> Your task:
Retype, word for word, each line between the lines holding "unfolding entry_line any_of" and "IsLine (default_lines FL c)", inclusive, and leave the rest of the data alone.

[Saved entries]
■ ■ ■ ■

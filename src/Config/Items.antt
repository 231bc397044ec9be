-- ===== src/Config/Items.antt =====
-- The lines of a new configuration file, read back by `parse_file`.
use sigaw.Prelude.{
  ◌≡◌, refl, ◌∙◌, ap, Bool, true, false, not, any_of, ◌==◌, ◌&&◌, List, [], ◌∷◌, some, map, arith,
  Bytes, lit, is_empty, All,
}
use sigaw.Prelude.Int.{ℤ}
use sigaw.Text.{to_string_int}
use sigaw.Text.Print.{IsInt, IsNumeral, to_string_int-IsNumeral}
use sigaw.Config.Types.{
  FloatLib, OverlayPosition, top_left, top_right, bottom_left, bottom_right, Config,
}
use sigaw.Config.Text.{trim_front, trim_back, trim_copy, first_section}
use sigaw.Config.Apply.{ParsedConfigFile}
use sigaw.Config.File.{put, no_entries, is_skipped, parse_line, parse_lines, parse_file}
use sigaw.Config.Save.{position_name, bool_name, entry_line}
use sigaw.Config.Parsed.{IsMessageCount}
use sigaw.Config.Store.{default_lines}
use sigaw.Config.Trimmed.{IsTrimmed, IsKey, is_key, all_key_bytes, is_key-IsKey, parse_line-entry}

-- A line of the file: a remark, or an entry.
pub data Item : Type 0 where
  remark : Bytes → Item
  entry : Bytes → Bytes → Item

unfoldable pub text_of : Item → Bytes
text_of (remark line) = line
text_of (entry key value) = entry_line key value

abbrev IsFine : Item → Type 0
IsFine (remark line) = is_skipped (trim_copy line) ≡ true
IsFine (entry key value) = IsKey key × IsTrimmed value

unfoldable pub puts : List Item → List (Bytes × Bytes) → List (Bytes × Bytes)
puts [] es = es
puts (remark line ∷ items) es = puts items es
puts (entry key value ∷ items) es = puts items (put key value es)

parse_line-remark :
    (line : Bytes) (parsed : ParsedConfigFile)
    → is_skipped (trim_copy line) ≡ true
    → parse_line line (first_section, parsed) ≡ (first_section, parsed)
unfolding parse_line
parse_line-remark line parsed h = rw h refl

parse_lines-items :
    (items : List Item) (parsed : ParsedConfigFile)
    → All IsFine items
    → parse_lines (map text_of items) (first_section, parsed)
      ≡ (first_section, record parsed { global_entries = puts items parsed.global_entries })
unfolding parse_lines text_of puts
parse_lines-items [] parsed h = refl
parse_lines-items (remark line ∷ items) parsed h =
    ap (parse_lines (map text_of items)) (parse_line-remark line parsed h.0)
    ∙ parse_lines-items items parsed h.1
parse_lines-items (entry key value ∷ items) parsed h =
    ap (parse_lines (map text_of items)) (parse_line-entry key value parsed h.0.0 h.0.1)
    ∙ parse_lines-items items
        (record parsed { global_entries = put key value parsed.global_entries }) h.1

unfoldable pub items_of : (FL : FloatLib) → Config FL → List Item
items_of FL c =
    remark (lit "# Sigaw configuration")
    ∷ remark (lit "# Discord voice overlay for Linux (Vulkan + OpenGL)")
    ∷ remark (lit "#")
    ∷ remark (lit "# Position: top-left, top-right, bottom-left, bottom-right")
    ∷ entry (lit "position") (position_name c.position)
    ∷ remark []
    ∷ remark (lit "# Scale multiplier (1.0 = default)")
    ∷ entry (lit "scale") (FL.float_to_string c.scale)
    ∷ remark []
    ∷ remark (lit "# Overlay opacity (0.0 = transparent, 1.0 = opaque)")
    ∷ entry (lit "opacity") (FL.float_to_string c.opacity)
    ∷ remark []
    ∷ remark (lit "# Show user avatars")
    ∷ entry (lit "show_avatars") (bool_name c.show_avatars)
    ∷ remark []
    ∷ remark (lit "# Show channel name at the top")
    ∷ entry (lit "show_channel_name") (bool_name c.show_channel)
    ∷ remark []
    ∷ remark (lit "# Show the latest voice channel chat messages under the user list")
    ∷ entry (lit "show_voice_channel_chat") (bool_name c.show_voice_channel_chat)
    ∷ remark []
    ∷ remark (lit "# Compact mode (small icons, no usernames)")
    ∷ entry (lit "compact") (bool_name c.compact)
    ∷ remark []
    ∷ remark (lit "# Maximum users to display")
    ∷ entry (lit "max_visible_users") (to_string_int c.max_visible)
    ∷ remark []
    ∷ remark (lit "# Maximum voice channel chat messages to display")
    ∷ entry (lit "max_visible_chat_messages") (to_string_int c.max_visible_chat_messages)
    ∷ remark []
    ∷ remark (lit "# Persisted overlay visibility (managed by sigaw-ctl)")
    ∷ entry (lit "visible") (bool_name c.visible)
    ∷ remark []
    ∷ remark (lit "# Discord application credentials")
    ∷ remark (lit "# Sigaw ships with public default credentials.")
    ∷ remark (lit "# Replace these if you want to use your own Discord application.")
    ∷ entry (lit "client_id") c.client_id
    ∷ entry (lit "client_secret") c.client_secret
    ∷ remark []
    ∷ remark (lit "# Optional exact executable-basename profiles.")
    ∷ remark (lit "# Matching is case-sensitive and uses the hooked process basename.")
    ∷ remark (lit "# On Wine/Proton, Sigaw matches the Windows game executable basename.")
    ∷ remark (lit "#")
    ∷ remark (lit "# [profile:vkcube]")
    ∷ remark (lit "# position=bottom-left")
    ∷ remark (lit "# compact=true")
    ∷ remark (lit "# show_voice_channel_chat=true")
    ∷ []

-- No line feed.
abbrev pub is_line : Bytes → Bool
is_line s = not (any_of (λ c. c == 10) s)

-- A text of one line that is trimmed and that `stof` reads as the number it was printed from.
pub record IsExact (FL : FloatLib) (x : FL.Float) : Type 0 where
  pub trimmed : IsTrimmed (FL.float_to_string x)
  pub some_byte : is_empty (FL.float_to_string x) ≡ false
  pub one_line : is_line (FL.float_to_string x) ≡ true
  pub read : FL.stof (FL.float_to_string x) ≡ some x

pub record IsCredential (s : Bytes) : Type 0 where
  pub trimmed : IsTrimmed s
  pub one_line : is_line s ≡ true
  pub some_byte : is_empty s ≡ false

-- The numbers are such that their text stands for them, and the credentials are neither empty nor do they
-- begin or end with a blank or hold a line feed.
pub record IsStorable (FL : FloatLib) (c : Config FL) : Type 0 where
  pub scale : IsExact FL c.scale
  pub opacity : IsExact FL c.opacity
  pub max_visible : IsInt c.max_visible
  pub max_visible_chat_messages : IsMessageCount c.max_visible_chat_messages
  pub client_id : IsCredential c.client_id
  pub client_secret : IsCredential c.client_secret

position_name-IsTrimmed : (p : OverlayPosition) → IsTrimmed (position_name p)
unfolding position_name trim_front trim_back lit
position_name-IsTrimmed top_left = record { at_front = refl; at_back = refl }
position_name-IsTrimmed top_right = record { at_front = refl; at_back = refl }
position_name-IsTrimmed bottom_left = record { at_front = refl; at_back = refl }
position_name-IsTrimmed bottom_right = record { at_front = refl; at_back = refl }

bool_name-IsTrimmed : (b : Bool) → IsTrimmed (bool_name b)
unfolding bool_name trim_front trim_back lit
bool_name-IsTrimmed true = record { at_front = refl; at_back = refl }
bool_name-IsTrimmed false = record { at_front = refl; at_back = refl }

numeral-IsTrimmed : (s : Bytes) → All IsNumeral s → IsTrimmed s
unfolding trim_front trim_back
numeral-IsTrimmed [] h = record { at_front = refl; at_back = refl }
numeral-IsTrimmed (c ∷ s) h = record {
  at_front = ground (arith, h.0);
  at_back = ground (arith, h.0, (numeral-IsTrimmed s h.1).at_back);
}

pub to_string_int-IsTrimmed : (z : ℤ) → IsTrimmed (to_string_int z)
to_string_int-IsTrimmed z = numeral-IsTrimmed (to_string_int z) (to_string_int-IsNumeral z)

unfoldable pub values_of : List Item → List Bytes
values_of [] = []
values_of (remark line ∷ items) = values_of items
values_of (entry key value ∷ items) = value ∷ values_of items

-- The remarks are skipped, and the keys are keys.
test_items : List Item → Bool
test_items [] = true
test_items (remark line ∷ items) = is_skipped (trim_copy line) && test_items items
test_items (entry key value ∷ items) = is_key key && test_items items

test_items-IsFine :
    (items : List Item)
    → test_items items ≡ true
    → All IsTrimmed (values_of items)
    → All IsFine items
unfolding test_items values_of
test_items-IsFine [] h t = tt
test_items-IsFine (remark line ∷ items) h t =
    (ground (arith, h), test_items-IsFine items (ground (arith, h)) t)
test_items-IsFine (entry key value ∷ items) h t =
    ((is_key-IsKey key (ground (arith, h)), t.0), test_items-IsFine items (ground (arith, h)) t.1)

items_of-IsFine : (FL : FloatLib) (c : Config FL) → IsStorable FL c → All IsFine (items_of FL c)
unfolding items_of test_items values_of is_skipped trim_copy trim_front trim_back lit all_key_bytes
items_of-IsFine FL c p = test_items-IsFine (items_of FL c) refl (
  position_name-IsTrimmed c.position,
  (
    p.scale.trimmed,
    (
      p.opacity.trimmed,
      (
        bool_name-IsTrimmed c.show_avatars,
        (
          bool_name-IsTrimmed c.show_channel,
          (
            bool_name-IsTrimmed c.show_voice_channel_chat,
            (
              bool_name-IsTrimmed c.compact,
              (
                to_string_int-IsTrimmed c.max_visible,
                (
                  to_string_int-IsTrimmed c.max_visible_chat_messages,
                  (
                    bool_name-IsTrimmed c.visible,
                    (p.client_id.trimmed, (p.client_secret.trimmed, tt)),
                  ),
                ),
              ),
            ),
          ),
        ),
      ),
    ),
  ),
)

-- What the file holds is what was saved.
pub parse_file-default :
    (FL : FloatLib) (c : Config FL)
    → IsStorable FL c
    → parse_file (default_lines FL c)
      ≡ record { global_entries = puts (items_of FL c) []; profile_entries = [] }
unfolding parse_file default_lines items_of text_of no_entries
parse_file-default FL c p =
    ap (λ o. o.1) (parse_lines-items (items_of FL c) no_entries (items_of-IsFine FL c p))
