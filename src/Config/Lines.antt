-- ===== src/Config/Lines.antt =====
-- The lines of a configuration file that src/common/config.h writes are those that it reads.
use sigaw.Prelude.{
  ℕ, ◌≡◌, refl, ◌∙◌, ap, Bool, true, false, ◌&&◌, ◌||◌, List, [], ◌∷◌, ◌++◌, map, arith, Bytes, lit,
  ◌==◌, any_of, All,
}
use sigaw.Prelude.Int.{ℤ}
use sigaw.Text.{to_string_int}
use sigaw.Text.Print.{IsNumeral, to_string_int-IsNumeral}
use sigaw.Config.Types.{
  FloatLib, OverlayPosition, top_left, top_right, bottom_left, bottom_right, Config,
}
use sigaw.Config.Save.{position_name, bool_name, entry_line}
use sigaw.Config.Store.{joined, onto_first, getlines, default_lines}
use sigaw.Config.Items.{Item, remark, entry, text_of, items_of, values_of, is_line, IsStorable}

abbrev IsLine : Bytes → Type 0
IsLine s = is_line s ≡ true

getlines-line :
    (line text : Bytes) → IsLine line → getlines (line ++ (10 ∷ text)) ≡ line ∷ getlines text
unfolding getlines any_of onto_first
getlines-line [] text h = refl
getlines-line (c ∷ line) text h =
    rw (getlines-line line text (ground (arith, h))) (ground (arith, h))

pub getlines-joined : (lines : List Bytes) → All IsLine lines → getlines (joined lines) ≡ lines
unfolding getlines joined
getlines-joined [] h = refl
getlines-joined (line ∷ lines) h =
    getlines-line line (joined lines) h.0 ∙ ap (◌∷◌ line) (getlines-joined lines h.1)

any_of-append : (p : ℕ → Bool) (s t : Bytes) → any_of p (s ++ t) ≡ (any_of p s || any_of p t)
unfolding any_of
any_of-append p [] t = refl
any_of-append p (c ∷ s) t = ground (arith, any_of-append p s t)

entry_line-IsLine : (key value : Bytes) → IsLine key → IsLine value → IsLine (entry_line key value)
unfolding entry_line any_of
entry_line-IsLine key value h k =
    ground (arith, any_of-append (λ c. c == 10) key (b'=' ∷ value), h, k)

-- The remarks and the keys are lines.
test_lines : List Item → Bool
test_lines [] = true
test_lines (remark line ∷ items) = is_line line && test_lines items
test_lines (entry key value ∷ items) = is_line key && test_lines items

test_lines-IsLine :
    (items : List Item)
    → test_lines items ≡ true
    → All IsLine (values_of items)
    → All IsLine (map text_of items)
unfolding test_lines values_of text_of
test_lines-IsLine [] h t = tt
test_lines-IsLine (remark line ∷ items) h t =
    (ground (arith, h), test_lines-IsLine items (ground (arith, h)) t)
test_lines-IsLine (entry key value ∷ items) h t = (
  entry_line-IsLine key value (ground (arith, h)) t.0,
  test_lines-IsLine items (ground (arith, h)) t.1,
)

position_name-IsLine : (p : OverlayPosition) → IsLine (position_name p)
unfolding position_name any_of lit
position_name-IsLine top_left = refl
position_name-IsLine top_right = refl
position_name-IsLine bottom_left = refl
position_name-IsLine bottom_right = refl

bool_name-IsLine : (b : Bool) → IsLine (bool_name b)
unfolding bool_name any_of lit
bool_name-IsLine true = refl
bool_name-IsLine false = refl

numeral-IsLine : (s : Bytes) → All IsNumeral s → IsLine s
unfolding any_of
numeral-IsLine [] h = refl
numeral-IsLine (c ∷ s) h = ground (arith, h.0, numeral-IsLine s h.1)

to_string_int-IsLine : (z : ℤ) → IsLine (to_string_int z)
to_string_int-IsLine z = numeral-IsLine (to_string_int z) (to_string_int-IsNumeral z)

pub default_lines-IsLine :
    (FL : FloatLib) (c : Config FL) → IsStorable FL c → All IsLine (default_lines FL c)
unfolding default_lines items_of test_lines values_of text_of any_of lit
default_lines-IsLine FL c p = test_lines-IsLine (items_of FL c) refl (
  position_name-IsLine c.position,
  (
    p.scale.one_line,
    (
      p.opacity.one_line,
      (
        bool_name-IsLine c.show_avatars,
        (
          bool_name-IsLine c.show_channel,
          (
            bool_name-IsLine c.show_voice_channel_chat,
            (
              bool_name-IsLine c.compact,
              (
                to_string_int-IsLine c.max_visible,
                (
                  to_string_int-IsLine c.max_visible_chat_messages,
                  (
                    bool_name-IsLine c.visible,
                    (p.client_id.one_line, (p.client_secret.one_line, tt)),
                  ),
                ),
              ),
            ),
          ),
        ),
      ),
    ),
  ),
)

■ ■ ■ ■

> Reply:
unfolding entry_line any_of
entry_line-IsLine key value h k =
    ground (arith, any_of-append (λ c. c == 10) key (b'=' ∷ value), h, k)

-- The remarks and the keys are lines.
test_lines : List Item → Bool
test_lines [] = true
test_lines (remark line ∷ items) = is_line line && test_lines items
test_lines (entry key value ∷ items) = is_line key && test_lines items

test_lines-IsLine :
    (items : List Item)
    → test_lines items ≡ true
    → All IsLine (values_of items)
    → All IsLine (map text_of items)
unfolding test_lines values_of text_of
test_lines-IsLine [] h t = tt
test_lines-IsLine (remark line ∷ items) h t =
    (ground (arith, h), test_lines-IsLine items (ground (arith, h)) t)
test_lines-IsLine (entry key value ∷ items) h t = (
  entry_line-IsLine key value (ground (arith, h)) t.0,
  test_lines-IsLine items (ground (arith, h)) t.1,
)

position_name-IsLine : (p : OverlayPosition) → IsLine (position_name p)
unfolding position_name any_of lit
position_name-IsLine top_left = refl
position_name-IsLine top_right = refl
position_name-IsLine bottom_left = refl
position_name-IsLine bottom_right = refl

bool_name-IsLine : (b : Bool) → IsLine (bool_name b)
unfolding bool_name any_of lit
bool_name-IsLine true = refl
bool_name-IsLine false = refl

numeral-IsLine : (s : Bytes) → All IsNumeral s → IsLine s
unfolding any_of
numeral-IsLine [] h = refl
numeral-IsLine (c ∷ s) h = ground (arith, h.0, numeral-IsLine s h.1)

to_string_int-IsLine : (z : ℤ) → IsLine (to_string_int z)
to_string_int-IsLine z = numeral-IsLine (to_string_int z) (to_string_int-IsNumeral z)

pub default_lines-IsLine :
    (FL : FloatLib) (c : Config FL) → IsStorable FL c → All IsLine (default_lines FL c)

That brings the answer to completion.